Ok..its a lot like cars. You get one and drive it till it pukes then you go get another. Ask Denton.


----------



## rice paddy daddy (Jul 17, 2012)

In one sense the ideal LONG TERM SURVIVAL weapon would be a single shot shotgun.
No, not for fighting hordes of mutant ninja biker zombies, but a true long term survival weapon. 
Extractor/ejector broken? A stick down the barrel will push the empty right out.
Broken firing pin? Make one from a nail.
Forearm loose and won't stay on? Lash it with rawhide, paracord, whatever.
Ammo? As long as you have primers, the empties can be reloaded with no more than a hammer & nail, homemade black powder, cardboard or something similar to make wads, pebbles for projectiles.


----------



## rice paddy daddy (Jul 17, 2012)

Actually, a muzzle loading flintlock will be firing long after all loading supplies are gone.
A number of years ago (5 or 10, maybe) The Backwoodsman Magazine had a how-to article on "Making Grandma's Black Powder", that is, making black powder from common, naturally occurring chemicals found on old time farms/homesteads. One of the ingredients was chicken manure, for example.
As long as you have flints, and perhaps a few pieces of flat spring stock to make replacements (if necessary), a flintlock will run forever. They are the cockroaches of the gun world - they will survive eons.


----------



## Slippy (Nov 14, 2013)

I've had 1 firearm that NEEDED gunsmith attention and the mfg Ruger, handled it nicely. I'm confident that most of mine...if I had them, will not NEED gunsmith attention in my lifetime. WANT is another subject.


----------



## HuntingHawk (Dec 16, 2012)

Forgot about the Taurus PT22 I bought used. Just wouldn't function. Had the shop I bought it from send it back to Taurus for repair under warranty. Has worked flawlessly since. Cost me under $10 shipping one way. But I think the shop I bought it from should have paid that. JMO


----------



## HuntingHawk (Dec 16, 2012)

Not sure what SHTF scenario the OP is referring to. But I think most people that have firearms they would run out of ammo well before firearm failure unless lack of proper maintenance.


----------



## csi-tech (Apr 13, 2013)

I have been shooting a very long time and my guns are doing better than I am so far. Most of what I would have would be milspec in some way, shape or form and I could just drop in replacements. I can replace every part in an AK, an AR a Glock or a Smith & Wesson revolver. I can also fix anything that comes along with a Mossberg or Remington pump shotgun. If you learn how to tear a gun down completely and reassemble it you are way ahead of the game. This stupid little Marlin 60 is an entirely different animal though.


----------



## rice paddy daddy (Jul 17, 2012)

Slippy said:


> I've had 1 firearm that NEEDED gunsmith attention and the mfg Ruger, handled it nicely. I'm confident that most of mine...if I had them, will not NEED gunsmith attention in my lifetime. WANT is another subject.

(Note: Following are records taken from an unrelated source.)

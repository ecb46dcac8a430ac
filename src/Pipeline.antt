-- ===== src/Pipeline.antt =====
-- crates/protocol/src/lib.rs: `build_io_pipeline`, the spans of one request and how much of its time
-- they account for.

mod Tests
pub mod Account
pub mod Exclusive
use android_ebpf_studio.Prelude.{
  ℕ, ◌-◌, min, max, ◌&&◌, ◌||◌, Bool, true, false, not, Option, none, some, List, [], ◌∷◌, ◌++◌,
  ltb, leb, eqb, if◌then◌else◌, contains, saturating_add, ◌==◌, nat_eq, option_eq,
}
use android_ebpf_studio.Events.Block.{Text, IoOperation, operation_eq, BlockInsert, BlockIssue}
use android_ebpf_studio.Events.Text.{
  measured_span, paired_boundary, context_marker, block_queue_text, block_device_text, queue_source,
  device_source,
}
use android_ebpf_studio.Events.Pipeline.{
  PipelineLayer, layer_rank, layer_eq, PipelinePhase, CorrelationConfidence, PipelineObservation,
  PipelineSpan, IoPipeline,
}
use android_ebpf_studio.Events.Completed.{CompletedIo, timing_confidence}
use android_ebpf_studio.Correlator.{is_some}
use android_ebpf_studio.Intervals.{Interval, union_duration}

abbrev pub is_context : CorrelationConfidence → Bool
is_context CorrelationConfidence.context_only = true
is_context _ = false

abbrev is_exact : CorrelationConfidence → Bool
is_exact CorrelationConfidence.exact = true
is_exact _ = false

-- `PipelineSpan::additive`
abbrev pub additive : PipelineSpan → Bool
additive s = not (is_context s.confidence)

-- `PipelineSpan::duration_ns`
abbrev pub duration_ns : PipelineSpan → ℕ
duration_ns s = s.end_ts_ns - s.start_ts_ns

-- `IoPipeline::total_ns`
abbrev pub total_ns : IoPipeline → ℕ
total_ns p = p.end_ts_ns - p.start_ts_ns

-- `insert.map_or(issue.ts_ns, |value| value.ts_ns)`
abbrev inserted_at : Option BlockInsert → ℕ → ℕ
inserted_at none issued = issued
inserted_at (some v) issued = v.ts_ns

abbrev pub block_start : CompletedIo → ℕ
block_start io = inserted_at io.insert io.issue.ts_ns

abbrev value_or : Option ℕ → ℕ → ℕ
value_or none d = d
value_or (some n) d = n

abbrev pub end_of : PipelineObservation → ℕ
end_of v = value_or v.end_ts_ns v.ts_ns

abbrev is_other_operation : Option IoOperation → IoOperation → Bool
is_other_operation none operation = false
is_other_operation (some o) operation = not (o == operation)

abbrev is_other_id : Option ℕ → ℕ → Bool
is_other_id none id = false
is_other_id (some i) id = not (eqb i id)

abbrev pub names_request : CompletedIo → PipelineObservation → Bool
names_request io v = v.correlation_id == some io.issue.request_id

abbrev margin_ns : ℕ
margin_ns = 10000000

-- Context may lie 10 ms outside of the request.
abbrev pub overlaps : CompletedIo → PipelineObservation → Bool
overlaps io v =
    if is_context v.confidence
    then leb v.ts_ns (saturating_add io.completion.ts_ns margin_ns)
      && leb (block_start io - margin_ns) (end_of v)
    else leb v.ts_ns io.completion.ts_ns && leb (block_start io) (end_of v)

abbrev pub storage_match : BlockIssue → PipelineObservation → Bool
storage_match issue v = v.sector == some issue.sector && v.bytes == some issue.bytes

abbrev pub thread_match : BlockIssue → PipelineObservation → Bool
thread_match issue v = eqb v.pid issue.pid && (eqb v.tid 0 || eqb v.tid issue.tid)

-- The filter on the observations, for a request of this session.
unfoldable pub is_candidate : CompletedIo → PipelineObservation → Bool
is_candidate io v =
    if ltb (end_of v) v.ts_ns
    then false
    else if is_other_operation v.operation io.issue.operation
        || is_other_id v.correlation_id io.issue.request_id
    then false
    else if names_request io v
    then true
    else overlaps io v
      && (is_context v.confidence || storage_match io.issue v || thread_match io.issue v)

module _ {A : Type 0} where
  unfoldable pub filter : (A → Bool) → List A → List A
  filter test [] = []
  filter test (v ∷ vs) = if test v then v ∷ filter test vs else filter test vs

-- A request with evidence of its own takes no observation.
unfoldable pub candidates : CompletedIo → List PipelineObservation → List PipelineObservation
candidates io observations =
    if is_some io.evidence then [] else filter (is_candidate io) observations

unfoldable pub exact_layers : CompletedIo → List PipelineObservation → List PipelineLayer
exact_layers io [] = []
exact_layers io (v ∷ vs) =
    if names_request io v then v.layer ∷ exact_layers io vs else exact_layers io vs

-- The candidates without those of a layer that has an exact one.
unfoldable pub retained : CompletedIo → List PipelineObservation → List PipelineObservation
retained io vs =
    let layers = exact_layers io vs in
    filter (λ v. names_request io v || not (contains layers v.layer)) vs

abbrev is_instant : PipelinePhase → Bool
is_instant PipelinePhase.instant = true
is_instant _ = false

abbrev source_of : PipelinePhase → Text
source_of PipelinePhase.span = measured_span
source_of PipelinePhase.begin = paired_boundary
source_of PipelinePhase.end = paired_boundary
source_of PipelinePhase.instant = context_marker

-- A pair that is exact by a tag of its own is still only probable for this request.
abbrev span_confidence : CompletedIo → PipelineObservation → CorrelationConfidence
span_confidence io v =
    if names_request io v && not (is_context v.confidence)
    then CorrelationConfidence.exact
    else if is_exact v.confidence
    then CorrelationConfidence.probable
    else v.confidence

abbrev pub span_of : CompletedIo → PipelineObservation → PipelineSpan
span_of io v = record {
  layer = v.layer;
  operation = v.operation;
  bytes = v.bytes;
  pid = v.pid;
  tid = v.tid;
  start_ts_ns = v.ts_ns;
  end_ts_ns = end_of v;
  duration_observed = is_some v.end_ts_ns && not (is_instant v.phase);
  name = v.name;
  confidence = span_confidence io v;
  source = source_of v.phase;
  opcode = v.opcode;
  status = v.status;
}

unfoldable pub spans_of : CompletedIo → List PipelineObservation → List PipelineSpan
spans_of io [] = []
spans_of io (v ∷ vs) =
    if leb v.ts_ns (end_of v) then span_of io v ∷ spans_of io vs else spans_of io vs

abbrev queue_spans : CompletedIo → Option BlockInsert → List PipelineSpan
queue_spans io none = []
queue_spans io (some insert) =
    record {
      layer = PipelineLayer.block_queue;
      operation = some io.issue.operation;
      bytes = some io.issue.bytes;
      pid = io.issue.pid;
      tid = io.issue.tid;
      start_ts_ns = insert.ts_ns;
      end_ts_ns = io.issue.ts_ns;
      duration_observed = true;
      name = block_queue_text;
      confidence = timing_confidence io;
      source = queue_source;
      opcode = none;
      status = none;
    }
    ∷ []

abbrev device_span : CompletedIo → PipelineSpan
device_span io = record {
  layer = PipelineLayer.block_device;
  operation = some io.issue.operation;
  bytes = some io.issue.bytes;
  pid = io.issue.pid;
  tid = io.issue.tid;
  start_ts_ns = io.issue.ts_ns;
  end_ts_ns = io.completion.ts_ns;
  duration_observed = is_some io.device_latency_ns;
  name = block_device_text;
  confidence = timing_confidence io;
  source = device_source;
  opcode = none;
  status = some io.completion.status;
}

unfoldable pub all_spans : CompletedIo → List PipelineObservation → List PipelineSpan
all_spans io observations =
    spans_of io (retained io (candidates io observations))
    ++ (queue_spans io io.insert ++ device_span io ∷ [])

-- The least of the bound and of the starts of the exact spans.
unfoldable pub earliest : ℕ → List PipelineSpan → ℕ
earliest bound [] = bound
earliest bound (s ∷ ss) =
    if is_exact s.confidence then min s.start_ts_ns (earliest bound ss) else earliest bound ss

unfoldable pub latest : ℕ → List PipelineSpan → ℕ
latest bound [] = bound
latest bound (s ∷ ss) =
    if is_exact s.confidence then max s.end_ts_ns (latest bound ss) else latest bound ss

-- The order of (layer, start, end).
abbrev span_le : PipelineSpan → PipelineSpan → Bool
span_le a b =
    ltb (layer_rank a.layer) (layer_rank b.layer)
    || eqb (layer_rank a.layer) (layer_rank b.layer)
      && (ltb a.start_ts_ns b.start_ts_ns
          || eqb a.start_ts_ns b.start_ts_ns && leb a.end_ts_ns b.end_ts_ns)

-- `sort_by_key` is stable: an equal span stays in front of the later ones.
unfoldable pub insert_span : PipelineSpan → List PipelineSpan → List PipelineSpan
insert_span s [] = s ∷ []
insert_span s (t ∷ ts) = if span_le s t then s ∷ t ∷ ts else t ∷ insert_span s ts

unfoldable pub sort_spans : List PipelineSpan → List PipelineSpan
sort_spans [] = []
sort_spans (s ∷ ss) = insert_span s (sort_spans ss)

-- The additive spans, clipped to the bounds.
unfoldable pub clipped : ℕ → ℕ → List PipelineSpan → List Interval
clipped start end [] = []
clipped start end (s ∷ ss) =
    let rest = clipped start end ss in
    if additive s
    then if leb (max s.start_ts_ns start) (min s.end_ts_ns end)
      then (max s.start_ts_ns start, min s.end_ts_ns end) ∷ rest
      else rest
    else rest

unfoldable pub build_io_pipeline : CompletedIo → List PipelineObservation → IoPipeline
build_io_pipeline io observations =
    let spans = all_spans io observations in
    let start = earliest (block_start io) spans in
    let end = latest io.completion.ts_ns spans in
    let sorted = sort_spans spans in
    let accounted = min (union_duration (clipped start end sorted)) (end - start) in
    record {
      request_id = io.issue.request_id;
      start_ts_ns = start;
      end_ts_ns = end;
      accounted_ns = accounted;
      unaccounted_ns = end - start - accounted;
      spans = sorted;
    }
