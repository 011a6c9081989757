-- ===== src/Mmap/Place.antt =====
-- Every way in which sys_mmap can end.
use osp.Prelude.{
  ℕ, ◌+◌, ◌^◌, ◌<◌, ◌≡◌, inl, inr, true, false, some, arith, ◌==◌, if◌then◌else◌, ◌>>=◌, update,
  Bool-cases, ap, ◌∙◌,
}
use osp.Mmu.{flag}
use osp.Proc.{MemMapping, Proc, max_mappings}
use osp.Mmap.{
  mmap_area_start, map_fixed, minus_one, find_available_address, MmapArgs, bad_args, add_mapping,
  place, sys_mmap,
}
use osp.Mmap.Valid.{IsValid, bad_args-false, bad_args-true}
use osp.Mmap.Find.{Found, IsFull, IsLowest, find_available_address-Found}

-- The mapping that the call records, and the process with it behind the others.
abbrev pub mapping : ℕ → MmapArgs → ℕ → MemMapping
mapping junk a r = record {
  addr = r;
  length = a.length;
  flags = a.flags;
  fd = a.fd;
  original_length = a.length;
  allocated = junk;
}

abbrev pub added : ℕ → MmapArgs → ℕ → Proc → Proc
added junk a r p = record p {
  memory_mappings = update p.memory_mappings p.num_mappings (mapping junk a r);
  num_mappings = p.num_mappings + 1;
}

pub good-length :
    (p : Proc) (a : MmapArgs)
    → a.length < 2 ^ 32
    → IsValid p a
    → (0 < a.length) × (a.length < 2 ^ 31)
good-length p a word v = let (pos, small) = v.length in (pos, omega arith)

add_mapping-some :
    (m : MemMapping) (p : Proc)
    → p.num_mappings < max_mappings
    → add_mapping m p
      ≡ some (record p {
        memory_mappings = update p.memory_mappings p.num_mappings m;
        num_mappings = p.num_mappings + 1;
      })
unfolding add_mapping
add_mapping-some m p room = ground arith

module _ (junk : ℕ) (a : MmapArgs) (p : Proc) where
  place_fixed :
      flag a.flags map_fixed ≡ true
      → place junk a p ≡ (add_mapping (mapping junk a a.addr) p >>= λ p'. some (a.addr, p'))
  unfolding place
  place_fixed fixed = rw fixed

  place_found :
      (r : ℕ)
      → flag a.flags map_fixed ≡ false
      → find_available_address p a.length ≡ some r
      → place junk a p ≡ (
          if r == 0
          then some (minus_one, p)
          else (add_mapping (mapping junk a r) p >>= λ p'. some (r, p')))
  unfolding place
  place_found r free e = rw (free, e)

-- How a call with a free slot ends: it refuses a request that is not valid; it finds no page of the area
-- from which on the request would lie in the area and be clear of the mappings; it takes the address
-- that MAP_FIXED asks for; or it takes the lowest such page.
pub data Outcome (junk : ℕ) (a : MmapArgs) (p : Proc) : ℕ → Proc → Type 0 where
  refused : ¬ IsValid p a → Outcome junk a p minus_one p
  full :
      IsValid p a
      → flag a.flags map_fixed ≡ false
      → IsFull p a.length mmap_area_start
      → Outcome junk a p minus_one p
  fixed :
      IsValid p a → flag a.flags map_fixed ≡ true → Outcome junk a p a.addr (added junk a a.addr p)
  found :
      (r : ℕ)
      → IsValid p a
      → flag a.flags map_fixed ≡ false
      → IsLowest p a.length mmap_area_start r
      → Outcome junk a p r (added junk a r p)

module _ (junk : ℕ) (a : MmapArgs) (p : Proc) where
  sys_mmap-good : bad_args p a ≡ false → sys_mmap junk (some a) p ≡ place junk a p
  unfolding sys_mmap
  sys_mmap-good ok = rw ok

  sys_mmap-bad : bad_args p a ≡ true → sys_mmap junk (some a) p ≡ some (minus_one, p)
  unfolding sys_mmap
  sys_mmap-bad bad = rw bad

  abbrev pub Returns : Type 0
  Returns =
      (r : ℕ) × (p' : Proc) × (sys_mmap junk (some a) p ≡ some (r, p')) × Outcome junk a p r p'

  mmap_fixed :
      p.num_mappings < max_mappings → bad_args p a ≡ false → flag a.flags map_fixed ≡ true → Returns
  mmap_fixed room ok fix = (
    a.addr,
    added junk a a.addr p,
    sys_mmap-good ok
        ∙ place_fixed junk a p fix
        ∙ ap (λ o. o >>= λ p'. some (a.addr, p')) (add_mapping-some (mapping junk a a.addr) p room),
    fixed (bad_args-false p a ok) fix,
  )

  mmap_found :
      a.length < 2 ^ 32
      → p.num_mappings < max_mappings
      → bad_args p a ≡ false
      → flag a.flags map_fixed ≡ false
      → Returns
  mmap_found word room ok free =
      let (pos, small) = good-length p a word (bad_args-false p a ok) in
      let (r, e, f) = find_available_address-Found p a.length pos small in by_result r e f
    where
      by_result :
          (r : ℕ)
          → find_available_address p a.length ≡ some r
          → Found p a.length mmap_area_start r
          → Returns
      by_result r e (inl low) =
          let live : (r == 0) ≡ false = ground (arith, low.above) in
          (
            r,
            added junk a r p,
            sys_mmap-good ok
                ∙ place_found junk a p r free e
                ∙ rw live (
                    ap (λ o. o >>= λ p'. some (r, p'))
                      (add_mapping-some (mapping junk a r) p room)),
            found r (bad_args-false p a ok) free low,
          )
      by_result r e (inr (zero_r, is_full)) =
          let dead : (r == 0) ≡ true = ground arith in
          (
            minus_one,
            p,
            sys_mmap-good ok ∙ place_found junk a p r free e ∙ rw dead,
            full (bad_args-false p a ok) free is_full,
          )

  pub sys_mmap-Outcome : a.length < 2 ^ 32 → p.num_mappings < max_mappings → Returns
  sys_mmap-Outcome word room = elim (Bool-cases (bad_args p a)) [
    | inl bad ↦ (minus_one, p, sys_mmap-bad bad, refused (bad_args-true p a bad))
    | inr ok ↦ elim (Bool-cases (flag a.flags map_fixed)) [
      | inl fix ↦ mmap_fixed room ok fix
      | inr free ↦ mmap_found word room ok free
    ]
  ]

I have a Colt revolver made in 1921 that has the rifling almost gone, I have no idea how many times it has been fired in the last 94 years, but it still shoots. Every time I pull the trigger. Every time.
But, of course, it is a Colt! 
And I would expect the same from an S&W revolver. Or Ruger revolver.


----------



## Arklatex (May 24, 2014)

rice paddy daddy said:


> Actually, a muzzle loading flintlock will be firing long after all loading supplies are gone.
> A number of years ago (5 or 10, maybe) The Backwoodsman Magazine had a how-to article on "Making Grandma's Black Powder", that is, making black powder from common, naturally occurring chemicals found on old time farms/homesteads. One of the ingredients was chicken manure, for example.
> As long as you have flints, and perhaps a few pieces of flat spring stock to make replacements (if necessary), a flintlock will run forever. They are the cockroaches of the gun world - they will survive eons.


I still want one of those from Dixie gun works. Maybe this summer... Another good thing about them is you can cast your own shot if you have the mold, skill and some lead.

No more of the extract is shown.